__AIM OF THE TASK__.
Give back only the lines in the records below from the one with "else some cached)" to the one with "-- After a load", both inclusive, word for word.

+++ PROVIDED RECORDS

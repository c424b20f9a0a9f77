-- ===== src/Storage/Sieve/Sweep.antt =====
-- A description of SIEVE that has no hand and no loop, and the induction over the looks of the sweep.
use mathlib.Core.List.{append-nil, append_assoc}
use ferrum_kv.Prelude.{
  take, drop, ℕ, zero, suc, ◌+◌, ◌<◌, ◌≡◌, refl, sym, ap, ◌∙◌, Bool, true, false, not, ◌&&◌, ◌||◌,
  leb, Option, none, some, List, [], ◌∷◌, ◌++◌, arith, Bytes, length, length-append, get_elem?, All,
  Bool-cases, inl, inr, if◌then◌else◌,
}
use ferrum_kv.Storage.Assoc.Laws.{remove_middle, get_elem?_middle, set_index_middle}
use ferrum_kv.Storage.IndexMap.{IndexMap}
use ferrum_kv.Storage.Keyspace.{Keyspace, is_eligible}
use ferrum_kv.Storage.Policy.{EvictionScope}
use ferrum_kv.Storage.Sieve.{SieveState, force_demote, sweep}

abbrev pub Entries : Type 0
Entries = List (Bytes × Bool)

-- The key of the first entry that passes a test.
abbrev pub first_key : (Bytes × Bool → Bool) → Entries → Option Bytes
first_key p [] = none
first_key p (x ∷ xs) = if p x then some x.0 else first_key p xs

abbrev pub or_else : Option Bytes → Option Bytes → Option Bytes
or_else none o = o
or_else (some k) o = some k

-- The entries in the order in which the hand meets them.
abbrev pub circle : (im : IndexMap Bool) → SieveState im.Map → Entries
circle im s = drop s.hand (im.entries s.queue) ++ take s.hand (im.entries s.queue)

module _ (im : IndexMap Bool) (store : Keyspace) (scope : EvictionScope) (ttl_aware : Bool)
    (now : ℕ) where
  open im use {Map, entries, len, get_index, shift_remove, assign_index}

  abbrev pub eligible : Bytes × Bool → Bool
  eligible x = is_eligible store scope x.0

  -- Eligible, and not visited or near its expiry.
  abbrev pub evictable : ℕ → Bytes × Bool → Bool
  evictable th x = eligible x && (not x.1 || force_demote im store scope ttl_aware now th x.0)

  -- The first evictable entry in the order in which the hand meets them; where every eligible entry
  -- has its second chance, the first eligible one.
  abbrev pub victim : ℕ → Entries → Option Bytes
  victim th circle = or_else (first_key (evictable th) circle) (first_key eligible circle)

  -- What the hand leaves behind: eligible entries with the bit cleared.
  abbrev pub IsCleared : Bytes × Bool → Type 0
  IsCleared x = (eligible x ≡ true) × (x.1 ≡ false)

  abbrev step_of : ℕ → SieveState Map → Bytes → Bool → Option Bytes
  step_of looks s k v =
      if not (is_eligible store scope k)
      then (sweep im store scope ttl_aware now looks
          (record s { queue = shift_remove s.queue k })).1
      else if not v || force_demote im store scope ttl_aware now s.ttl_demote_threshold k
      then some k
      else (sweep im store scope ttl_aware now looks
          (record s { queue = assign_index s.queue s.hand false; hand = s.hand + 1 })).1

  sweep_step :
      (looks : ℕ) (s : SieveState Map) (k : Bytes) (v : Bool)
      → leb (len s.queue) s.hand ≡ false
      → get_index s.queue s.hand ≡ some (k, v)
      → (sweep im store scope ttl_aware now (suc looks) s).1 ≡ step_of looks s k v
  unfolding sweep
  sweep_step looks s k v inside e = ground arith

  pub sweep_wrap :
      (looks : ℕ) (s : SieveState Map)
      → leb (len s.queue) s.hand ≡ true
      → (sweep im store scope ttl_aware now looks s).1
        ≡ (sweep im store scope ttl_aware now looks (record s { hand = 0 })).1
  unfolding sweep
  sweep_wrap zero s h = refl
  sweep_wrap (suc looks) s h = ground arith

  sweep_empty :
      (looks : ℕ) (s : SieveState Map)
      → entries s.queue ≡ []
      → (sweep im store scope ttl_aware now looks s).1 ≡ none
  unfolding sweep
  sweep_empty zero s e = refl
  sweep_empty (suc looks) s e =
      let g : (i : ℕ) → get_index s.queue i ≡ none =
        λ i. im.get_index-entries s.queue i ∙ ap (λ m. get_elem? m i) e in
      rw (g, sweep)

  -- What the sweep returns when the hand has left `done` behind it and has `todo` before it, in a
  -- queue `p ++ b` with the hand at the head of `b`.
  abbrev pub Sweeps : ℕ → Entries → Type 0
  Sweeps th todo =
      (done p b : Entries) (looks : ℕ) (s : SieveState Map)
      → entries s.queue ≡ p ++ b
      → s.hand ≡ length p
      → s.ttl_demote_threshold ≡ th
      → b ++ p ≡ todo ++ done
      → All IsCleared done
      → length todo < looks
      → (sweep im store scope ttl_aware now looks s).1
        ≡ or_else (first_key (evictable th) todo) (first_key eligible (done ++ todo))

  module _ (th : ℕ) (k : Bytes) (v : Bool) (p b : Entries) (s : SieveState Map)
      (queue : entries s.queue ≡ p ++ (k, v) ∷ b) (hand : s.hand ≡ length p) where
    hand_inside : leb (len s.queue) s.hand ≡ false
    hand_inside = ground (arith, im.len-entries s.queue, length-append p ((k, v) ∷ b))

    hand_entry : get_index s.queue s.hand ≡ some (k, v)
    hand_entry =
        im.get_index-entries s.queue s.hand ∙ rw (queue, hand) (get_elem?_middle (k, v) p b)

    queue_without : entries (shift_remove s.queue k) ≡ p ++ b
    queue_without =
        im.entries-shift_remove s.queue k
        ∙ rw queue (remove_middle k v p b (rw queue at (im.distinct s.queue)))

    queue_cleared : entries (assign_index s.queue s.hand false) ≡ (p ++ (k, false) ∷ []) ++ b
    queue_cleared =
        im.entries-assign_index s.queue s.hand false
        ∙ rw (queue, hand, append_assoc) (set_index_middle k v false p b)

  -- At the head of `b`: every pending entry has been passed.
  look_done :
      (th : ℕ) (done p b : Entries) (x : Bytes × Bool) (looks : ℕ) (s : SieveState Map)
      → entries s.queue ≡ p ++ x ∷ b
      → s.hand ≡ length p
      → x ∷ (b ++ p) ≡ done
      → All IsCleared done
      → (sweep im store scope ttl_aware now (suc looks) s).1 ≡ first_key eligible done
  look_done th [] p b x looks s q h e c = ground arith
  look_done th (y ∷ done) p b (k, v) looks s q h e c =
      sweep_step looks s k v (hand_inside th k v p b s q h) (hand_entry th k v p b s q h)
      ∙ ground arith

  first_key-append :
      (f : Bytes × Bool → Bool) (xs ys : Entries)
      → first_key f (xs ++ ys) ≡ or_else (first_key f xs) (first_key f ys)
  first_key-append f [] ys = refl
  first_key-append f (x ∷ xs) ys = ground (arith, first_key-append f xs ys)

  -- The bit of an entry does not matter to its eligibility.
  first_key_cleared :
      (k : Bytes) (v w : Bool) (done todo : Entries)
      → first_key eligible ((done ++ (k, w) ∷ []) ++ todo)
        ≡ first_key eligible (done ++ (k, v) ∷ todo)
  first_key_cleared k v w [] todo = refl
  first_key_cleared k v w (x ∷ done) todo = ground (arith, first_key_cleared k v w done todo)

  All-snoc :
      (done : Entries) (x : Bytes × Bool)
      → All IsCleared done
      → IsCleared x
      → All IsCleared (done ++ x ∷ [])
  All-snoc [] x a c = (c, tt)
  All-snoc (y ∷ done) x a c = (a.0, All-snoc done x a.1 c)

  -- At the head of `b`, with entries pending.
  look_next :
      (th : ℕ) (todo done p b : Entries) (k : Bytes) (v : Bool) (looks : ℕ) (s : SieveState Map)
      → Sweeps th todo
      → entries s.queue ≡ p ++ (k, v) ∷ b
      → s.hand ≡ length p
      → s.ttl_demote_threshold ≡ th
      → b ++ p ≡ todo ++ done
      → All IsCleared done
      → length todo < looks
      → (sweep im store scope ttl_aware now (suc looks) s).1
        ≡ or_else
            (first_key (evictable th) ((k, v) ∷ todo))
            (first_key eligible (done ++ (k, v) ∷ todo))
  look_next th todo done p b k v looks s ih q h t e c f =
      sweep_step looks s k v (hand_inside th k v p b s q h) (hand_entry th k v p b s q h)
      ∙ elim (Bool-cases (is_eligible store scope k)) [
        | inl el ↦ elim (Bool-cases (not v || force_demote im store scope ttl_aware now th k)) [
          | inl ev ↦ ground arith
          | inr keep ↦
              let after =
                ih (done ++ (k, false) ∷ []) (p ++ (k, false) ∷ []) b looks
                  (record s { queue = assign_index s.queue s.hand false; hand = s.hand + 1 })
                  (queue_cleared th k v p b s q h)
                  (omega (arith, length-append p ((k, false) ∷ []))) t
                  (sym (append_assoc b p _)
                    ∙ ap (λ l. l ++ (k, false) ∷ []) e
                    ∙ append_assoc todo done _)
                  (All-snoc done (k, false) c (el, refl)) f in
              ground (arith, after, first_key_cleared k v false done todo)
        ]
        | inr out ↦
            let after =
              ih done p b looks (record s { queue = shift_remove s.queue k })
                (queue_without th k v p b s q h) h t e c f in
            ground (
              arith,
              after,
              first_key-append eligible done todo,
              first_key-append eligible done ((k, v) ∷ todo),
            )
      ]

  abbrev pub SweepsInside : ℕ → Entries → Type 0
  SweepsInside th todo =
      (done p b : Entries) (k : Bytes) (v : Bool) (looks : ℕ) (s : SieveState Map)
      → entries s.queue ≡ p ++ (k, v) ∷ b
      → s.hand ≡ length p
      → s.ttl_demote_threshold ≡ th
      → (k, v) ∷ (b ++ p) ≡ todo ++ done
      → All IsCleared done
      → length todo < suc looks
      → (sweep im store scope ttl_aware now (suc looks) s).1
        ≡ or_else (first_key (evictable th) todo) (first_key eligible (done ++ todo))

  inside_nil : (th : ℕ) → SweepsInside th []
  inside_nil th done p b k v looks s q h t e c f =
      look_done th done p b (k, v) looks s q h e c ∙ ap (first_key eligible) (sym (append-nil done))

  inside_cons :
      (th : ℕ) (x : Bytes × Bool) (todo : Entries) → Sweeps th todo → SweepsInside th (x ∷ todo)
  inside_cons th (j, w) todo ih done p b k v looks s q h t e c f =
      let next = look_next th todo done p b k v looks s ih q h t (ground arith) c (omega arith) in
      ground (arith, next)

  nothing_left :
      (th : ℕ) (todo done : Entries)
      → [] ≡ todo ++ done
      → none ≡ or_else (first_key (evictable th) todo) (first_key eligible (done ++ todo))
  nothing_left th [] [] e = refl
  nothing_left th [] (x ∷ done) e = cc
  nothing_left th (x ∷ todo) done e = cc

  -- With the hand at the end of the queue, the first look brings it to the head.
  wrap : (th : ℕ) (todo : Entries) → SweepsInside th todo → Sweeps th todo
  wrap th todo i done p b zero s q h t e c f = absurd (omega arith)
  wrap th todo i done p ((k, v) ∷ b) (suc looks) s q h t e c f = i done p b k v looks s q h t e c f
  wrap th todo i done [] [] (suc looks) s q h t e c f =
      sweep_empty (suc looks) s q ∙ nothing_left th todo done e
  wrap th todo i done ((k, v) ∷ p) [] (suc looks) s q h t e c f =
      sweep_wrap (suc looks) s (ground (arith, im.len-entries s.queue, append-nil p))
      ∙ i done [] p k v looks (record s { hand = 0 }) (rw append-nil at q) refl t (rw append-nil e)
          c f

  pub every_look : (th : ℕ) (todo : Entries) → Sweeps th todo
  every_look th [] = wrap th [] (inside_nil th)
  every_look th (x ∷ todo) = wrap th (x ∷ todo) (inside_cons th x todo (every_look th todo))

++++++
+++ PROVIDED RECORDS

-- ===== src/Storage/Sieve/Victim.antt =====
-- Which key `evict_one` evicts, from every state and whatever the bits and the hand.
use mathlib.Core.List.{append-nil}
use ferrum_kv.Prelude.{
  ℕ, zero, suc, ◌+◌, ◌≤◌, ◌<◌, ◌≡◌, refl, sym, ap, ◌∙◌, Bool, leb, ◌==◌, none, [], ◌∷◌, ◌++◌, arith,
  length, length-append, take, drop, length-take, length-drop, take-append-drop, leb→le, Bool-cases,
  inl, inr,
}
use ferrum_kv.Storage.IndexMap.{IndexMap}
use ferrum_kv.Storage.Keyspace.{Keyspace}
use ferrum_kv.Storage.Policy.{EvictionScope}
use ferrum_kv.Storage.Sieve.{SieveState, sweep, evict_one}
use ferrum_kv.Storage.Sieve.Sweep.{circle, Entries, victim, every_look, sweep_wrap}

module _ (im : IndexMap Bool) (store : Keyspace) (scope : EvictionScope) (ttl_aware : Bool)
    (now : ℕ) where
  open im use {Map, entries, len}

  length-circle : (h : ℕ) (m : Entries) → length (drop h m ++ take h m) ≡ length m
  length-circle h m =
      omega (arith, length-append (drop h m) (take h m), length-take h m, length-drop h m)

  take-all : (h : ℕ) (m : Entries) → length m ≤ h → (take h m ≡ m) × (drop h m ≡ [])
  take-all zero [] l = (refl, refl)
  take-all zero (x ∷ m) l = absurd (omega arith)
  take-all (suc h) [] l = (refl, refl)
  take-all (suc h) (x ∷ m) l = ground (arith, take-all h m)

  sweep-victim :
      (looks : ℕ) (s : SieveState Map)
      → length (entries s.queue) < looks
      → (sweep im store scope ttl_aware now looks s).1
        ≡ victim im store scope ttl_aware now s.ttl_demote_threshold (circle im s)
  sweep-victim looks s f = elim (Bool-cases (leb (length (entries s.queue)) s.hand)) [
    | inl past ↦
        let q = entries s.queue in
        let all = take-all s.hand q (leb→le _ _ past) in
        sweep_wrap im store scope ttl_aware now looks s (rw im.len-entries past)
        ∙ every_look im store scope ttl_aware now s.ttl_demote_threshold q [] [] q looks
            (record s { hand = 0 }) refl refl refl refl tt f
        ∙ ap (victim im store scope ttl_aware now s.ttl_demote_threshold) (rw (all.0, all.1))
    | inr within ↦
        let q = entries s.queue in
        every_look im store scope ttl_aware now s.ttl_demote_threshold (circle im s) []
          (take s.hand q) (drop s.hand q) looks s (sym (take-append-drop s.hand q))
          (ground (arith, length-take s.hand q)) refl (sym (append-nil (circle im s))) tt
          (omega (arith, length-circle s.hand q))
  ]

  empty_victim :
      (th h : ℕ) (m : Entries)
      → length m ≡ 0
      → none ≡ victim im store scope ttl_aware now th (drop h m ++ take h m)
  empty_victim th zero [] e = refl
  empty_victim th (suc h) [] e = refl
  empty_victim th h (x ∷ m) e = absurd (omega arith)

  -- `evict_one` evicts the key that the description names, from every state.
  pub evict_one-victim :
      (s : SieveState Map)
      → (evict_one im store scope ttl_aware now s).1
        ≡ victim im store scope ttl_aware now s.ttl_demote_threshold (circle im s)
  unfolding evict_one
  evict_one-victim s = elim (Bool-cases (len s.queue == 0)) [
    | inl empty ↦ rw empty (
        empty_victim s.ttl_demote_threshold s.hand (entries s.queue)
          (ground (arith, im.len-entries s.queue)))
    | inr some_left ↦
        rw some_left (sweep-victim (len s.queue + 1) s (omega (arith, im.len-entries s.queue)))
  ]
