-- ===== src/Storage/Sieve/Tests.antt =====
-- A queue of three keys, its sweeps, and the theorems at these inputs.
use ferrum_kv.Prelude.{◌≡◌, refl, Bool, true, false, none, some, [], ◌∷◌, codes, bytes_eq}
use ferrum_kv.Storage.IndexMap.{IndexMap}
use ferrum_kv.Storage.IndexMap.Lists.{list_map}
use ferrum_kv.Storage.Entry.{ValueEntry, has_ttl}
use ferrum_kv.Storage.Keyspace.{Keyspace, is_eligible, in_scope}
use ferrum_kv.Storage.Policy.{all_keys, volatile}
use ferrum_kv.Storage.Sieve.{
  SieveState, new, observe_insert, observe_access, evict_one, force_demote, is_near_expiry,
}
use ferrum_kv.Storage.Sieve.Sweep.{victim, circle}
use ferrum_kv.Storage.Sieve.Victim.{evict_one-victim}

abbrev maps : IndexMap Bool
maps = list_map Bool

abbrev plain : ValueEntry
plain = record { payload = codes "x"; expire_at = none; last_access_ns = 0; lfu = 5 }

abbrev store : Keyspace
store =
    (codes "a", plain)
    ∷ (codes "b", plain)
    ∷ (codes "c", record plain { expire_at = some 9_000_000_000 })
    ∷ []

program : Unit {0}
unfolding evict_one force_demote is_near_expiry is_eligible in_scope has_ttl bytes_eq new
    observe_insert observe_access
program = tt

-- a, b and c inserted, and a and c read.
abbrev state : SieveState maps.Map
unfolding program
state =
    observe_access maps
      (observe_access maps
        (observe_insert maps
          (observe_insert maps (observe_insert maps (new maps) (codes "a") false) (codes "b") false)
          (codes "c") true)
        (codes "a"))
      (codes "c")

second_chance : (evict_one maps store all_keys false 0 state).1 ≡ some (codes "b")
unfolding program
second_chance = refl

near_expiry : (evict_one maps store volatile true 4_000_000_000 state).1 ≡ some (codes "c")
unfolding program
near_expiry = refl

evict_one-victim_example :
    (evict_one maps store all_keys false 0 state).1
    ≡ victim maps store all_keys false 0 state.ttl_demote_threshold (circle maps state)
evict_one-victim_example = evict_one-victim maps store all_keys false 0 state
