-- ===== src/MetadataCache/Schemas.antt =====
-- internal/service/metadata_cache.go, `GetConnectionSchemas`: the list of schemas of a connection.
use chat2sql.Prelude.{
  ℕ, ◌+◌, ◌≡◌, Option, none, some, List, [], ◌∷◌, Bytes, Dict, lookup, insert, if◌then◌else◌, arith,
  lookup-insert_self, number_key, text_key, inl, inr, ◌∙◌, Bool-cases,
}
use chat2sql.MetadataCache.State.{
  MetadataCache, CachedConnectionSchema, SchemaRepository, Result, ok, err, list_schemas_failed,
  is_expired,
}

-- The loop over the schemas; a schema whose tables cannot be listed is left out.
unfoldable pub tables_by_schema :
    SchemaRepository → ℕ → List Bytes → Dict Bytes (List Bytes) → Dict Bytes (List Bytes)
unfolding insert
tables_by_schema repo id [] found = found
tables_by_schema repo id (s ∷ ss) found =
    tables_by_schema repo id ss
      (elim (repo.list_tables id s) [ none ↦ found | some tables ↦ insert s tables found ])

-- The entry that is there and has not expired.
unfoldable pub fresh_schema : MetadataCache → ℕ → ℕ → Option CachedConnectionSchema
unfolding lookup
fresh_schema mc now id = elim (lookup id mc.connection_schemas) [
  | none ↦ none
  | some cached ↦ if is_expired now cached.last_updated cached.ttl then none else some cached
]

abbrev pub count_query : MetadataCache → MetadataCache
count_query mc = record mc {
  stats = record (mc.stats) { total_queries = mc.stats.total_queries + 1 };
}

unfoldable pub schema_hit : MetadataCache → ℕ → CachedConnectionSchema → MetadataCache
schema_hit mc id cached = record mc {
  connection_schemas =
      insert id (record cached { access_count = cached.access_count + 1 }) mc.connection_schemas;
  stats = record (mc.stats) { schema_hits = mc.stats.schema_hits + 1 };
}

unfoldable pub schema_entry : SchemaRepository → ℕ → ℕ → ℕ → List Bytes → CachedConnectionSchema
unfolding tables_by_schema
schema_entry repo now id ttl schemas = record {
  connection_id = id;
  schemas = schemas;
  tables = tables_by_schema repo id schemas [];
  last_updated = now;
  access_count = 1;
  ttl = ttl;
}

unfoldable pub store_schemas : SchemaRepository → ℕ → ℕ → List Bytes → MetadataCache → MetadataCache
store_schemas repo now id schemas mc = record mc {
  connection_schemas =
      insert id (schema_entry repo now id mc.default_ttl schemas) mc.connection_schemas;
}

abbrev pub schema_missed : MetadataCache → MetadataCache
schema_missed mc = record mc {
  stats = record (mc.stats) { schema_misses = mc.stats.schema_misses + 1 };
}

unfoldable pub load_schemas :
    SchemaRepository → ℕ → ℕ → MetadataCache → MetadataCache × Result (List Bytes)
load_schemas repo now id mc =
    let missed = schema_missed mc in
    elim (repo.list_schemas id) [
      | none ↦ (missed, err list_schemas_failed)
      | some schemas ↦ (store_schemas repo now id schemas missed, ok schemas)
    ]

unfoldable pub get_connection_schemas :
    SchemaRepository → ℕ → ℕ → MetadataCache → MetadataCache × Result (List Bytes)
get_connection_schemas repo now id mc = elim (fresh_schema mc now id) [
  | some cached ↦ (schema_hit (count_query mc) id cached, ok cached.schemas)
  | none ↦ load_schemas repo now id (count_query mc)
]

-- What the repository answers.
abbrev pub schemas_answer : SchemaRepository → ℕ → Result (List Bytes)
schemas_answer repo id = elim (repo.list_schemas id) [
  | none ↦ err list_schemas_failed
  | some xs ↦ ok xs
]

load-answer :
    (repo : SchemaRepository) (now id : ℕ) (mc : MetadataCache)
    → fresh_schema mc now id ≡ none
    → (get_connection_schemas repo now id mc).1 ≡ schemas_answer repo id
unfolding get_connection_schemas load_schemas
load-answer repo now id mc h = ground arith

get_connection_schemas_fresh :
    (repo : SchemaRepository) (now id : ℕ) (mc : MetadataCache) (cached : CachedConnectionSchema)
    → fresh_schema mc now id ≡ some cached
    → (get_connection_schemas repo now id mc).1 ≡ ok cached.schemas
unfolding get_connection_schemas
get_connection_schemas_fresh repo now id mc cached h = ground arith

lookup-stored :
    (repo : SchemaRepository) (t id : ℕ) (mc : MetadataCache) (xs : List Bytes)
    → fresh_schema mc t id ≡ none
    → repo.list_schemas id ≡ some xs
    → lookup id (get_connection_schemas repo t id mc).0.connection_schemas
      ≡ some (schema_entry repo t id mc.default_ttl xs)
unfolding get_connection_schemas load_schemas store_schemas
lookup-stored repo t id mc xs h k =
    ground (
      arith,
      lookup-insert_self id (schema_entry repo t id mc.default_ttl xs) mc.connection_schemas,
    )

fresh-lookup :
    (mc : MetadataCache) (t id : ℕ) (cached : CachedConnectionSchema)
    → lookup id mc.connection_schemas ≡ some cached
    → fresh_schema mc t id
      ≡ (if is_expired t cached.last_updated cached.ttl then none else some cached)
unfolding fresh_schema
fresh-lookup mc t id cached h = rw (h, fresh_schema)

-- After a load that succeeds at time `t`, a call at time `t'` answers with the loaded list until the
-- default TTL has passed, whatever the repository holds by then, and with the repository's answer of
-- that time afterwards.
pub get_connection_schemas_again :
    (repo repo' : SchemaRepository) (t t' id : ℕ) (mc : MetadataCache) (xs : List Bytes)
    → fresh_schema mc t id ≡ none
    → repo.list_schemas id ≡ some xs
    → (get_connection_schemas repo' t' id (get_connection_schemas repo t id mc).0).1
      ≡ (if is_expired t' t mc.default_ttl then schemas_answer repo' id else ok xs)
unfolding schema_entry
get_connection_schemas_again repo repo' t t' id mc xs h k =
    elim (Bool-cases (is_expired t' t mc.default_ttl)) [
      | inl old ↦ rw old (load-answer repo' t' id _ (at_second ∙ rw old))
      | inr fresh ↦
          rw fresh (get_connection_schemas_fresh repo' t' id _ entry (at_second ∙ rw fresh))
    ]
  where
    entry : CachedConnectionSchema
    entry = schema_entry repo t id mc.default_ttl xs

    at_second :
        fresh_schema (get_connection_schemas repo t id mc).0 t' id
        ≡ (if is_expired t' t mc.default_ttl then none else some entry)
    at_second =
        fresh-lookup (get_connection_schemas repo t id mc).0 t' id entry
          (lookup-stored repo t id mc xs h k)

++++++

__RESULT BELOW__.
      ≡ (if is_expired t cached.last_updated cached.ttl then none else some cached)
unfolding fresh_schema
fresh-lookup mc t id cached h = rw (h, fresh_schema)

-- After a load that succeeds at time `t`, a call at time `t'` answers with the loaded list until the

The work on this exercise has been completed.